Task brief:
Only one stretch of the records below should be repeated. It starts with the line containing "job_project = job_project;" and goes on through the line containing "starts_with (to_lower (trim", exactly as written.
─── Available data ───
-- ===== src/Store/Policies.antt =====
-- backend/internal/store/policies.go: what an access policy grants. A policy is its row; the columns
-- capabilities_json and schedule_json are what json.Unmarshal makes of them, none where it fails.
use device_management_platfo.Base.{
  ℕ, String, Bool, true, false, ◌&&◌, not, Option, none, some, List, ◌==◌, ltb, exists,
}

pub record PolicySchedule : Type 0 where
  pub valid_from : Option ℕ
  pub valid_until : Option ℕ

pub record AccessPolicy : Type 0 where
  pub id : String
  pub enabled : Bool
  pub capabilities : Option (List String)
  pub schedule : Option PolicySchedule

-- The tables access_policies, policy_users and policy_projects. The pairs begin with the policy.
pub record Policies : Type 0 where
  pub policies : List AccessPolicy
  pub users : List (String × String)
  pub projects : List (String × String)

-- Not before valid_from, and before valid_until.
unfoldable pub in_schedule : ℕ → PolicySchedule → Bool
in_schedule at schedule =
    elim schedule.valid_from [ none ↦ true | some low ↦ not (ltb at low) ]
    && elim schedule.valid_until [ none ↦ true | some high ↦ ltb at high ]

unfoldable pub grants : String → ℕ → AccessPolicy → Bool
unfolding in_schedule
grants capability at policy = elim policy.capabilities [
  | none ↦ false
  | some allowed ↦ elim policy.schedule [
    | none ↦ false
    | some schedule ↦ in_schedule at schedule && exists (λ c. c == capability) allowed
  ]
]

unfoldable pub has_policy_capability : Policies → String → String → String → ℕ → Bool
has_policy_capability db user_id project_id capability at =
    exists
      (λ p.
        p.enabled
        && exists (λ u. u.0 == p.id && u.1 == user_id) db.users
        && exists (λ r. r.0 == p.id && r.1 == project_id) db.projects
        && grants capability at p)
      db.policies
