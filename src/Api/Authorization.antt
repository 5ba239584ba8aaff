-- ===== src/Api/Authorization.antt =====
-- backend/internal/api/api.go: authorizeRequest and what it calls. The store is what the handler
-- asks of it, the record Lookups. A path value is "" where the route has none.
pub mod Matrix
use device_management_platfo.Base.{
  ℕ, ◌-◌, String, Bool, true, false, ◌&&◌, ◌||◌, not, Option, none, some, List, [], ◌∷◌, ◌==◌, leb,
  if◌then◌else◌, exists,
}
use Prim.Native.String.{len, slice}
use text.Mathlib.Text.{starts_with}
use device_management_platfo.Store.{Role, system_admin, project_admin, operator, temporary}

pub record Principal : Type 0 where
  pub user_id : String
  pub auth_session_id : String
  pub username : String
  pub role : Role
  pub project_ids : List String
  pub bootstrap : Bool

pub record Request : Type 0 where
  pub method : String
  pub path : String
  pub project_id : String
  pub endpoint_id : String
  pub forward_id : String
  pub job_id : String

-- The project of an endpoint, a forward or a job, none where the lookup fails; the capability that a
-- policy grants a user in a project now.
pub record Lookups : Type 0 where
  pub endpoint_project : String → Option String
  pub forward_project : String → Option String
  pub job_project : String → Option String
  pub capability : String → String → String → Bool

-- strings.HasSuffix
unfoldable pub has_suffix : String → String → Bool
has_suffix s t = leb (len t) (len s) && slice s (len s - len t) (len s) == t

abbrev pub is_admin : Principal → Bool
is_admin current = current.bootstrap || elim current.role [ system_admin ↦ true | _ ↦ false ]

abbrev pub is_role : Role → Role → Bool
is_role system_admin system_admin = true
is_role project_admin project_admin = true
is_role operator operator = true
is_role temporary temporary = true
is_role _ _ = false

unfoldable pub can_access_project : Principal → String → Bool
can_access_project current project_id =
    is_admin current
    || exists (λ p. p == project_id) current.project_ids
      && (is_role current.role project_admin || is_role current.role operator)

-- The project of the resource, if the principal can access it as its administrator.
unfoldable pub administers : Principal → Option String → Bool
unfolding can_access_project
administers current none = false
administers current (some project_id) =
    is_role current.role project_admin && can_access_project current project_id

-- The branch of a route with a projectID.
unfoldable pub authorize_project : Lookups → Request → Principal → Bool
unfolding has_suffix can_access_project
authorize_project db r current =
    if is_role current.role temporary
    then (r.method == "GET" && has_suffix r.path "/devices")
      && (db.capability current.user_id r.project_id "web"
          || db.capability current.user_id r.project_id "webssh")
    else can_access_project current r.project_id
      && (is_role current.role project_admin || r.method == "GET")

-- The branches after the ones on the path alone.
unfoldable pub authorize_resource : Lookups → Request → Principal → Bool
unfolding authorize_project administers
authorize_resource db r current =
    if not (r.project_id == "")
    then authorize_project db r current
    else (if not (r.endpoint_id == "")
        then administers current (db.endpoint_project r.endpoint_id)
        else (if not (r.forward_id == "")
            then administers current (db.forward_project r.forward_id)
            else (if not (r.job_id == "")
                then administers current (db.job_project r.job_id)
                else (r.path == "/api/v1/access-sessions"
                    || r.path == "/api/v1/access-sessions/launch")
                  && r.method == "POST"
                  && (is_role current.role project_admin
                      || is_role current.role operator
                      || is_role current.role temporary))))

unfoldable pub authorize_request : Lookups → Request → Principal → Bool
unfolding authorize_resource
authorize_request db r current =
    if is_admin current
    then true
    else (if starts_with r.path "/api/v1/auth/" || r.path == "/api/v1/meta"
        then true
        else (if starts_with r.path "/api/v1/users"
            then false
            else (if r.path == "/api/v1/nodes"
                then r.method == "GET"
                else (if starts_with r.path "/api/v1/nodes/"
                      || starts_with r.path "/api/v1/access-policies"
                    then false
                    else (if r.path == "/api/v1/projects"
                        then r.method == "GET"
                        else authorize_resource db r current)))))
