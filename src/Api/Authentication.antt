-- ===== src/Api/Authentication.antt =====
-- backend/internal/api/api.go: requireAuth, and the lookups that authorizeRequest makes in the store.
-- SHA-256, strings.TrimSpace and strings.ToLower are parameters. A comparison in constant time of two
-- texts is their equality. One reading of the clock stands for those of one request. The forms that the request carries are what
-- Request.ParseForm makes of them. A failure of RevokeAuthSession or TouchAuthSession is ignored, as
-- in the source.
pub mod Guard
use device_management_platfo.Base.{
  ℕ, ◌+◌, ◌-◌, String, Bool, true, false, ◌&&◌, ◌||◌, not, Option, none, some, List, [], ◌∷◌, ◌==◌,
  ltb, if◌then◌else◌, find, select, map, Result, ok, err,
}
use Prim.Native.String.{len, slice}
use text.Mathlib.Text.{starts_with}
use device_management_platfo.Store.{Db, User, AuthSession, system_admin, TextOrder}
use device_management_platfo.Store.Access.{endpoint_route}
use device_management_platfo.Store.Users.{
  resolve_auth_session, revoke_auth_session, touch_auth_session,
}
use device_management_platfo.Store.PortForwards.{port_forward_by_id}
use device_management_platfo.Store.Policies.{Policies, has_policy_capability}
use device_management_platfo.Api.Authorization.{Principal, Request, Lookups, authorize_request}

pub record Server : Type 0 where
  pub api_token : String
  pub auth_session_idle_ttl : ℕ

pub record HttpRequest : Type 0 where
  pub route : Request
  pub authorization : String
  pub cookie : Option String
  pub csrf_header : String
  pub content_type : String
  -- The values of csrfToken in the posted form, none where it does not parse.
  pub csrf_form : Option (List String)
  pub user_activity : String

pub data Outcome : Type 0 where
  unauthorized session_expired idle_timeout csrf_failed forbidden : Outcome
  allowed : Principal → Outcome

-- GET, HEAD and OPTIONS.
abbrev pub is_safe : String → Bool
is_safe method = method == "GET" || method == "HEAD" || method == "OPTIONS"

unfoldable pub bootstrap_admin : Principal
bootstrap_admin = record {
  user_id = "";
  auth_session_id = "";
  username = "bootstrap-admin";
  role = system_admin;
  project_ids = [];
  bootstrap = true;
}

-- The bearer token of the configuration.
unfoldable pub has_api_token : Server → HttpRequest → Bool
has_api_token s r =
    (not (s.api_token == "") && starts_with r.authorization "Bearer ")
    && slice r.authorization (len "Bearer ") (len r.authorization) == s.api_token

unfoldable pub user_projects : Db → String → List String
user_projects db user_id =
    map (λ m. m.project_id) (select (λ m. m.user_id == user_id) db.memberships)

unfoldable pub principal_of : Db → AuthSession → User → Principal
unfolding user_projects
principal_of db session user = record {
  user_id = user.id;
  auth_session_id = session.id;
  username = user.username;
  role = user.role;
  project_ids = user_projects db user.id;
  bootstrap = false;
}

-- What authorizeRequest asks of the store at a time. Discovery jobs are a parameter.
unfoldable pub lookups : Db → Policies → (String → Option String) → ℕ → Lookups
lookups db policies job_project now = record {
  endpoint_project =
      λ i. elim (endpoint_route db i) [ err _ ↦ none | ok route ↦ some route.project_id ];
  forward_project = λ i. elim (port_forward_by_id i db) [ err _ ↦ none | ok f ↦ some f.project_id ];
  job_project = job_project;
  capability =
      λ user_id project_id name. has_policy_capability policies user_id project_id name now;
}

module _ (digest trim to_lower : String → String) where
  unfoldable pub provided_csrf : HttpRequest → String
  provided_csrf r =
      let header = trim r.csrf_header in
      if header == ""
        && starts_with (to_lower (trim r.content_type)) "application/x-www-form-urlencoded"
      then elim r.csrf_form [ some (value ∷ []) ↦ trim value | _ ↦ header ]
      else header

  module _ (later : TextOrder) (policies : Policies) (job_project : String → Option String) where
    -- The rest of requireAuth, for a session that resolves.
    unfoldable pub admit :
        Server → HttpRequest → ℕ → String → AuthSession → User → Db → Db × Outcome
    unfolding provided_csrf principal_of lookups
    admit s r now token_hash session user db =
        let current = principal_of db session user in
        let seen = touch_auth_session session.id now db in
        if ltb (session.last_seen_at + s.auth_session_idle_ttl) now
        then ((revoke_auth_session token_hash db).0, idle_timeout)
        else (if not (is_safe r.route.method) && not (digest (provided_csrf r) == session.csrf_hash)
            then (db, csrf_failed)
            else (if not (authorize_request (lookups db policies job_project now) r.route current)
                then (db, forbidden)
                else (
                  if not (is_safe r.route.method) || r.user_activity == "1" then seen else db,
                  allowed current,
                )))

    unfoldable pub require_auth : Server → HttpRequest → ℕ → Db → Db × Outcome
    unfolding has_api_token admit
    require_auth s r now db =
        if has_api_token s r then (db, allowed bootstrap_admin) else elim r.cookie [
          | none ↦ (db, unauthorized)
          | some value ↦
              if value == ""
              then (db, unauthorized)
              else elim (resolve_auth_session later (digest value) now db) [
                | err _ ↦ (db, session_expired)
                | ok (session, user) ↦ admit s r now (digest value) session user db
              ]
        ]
───
Result:
  job_project = job_project;
  capability =
      λ user_id project_id name. has_policy_capability policies user_id project_id name now;
}

module _ (digest trim to_lower : String → String) where
  unfoldable pub provided_csrf : HttpRequest → String
  provided_csrf r =
      let header = trim r.csrf_header in
      if header == ""
        && starts_with (to_lower (trim r.content_type)) "application/x-www-form-urlencoded"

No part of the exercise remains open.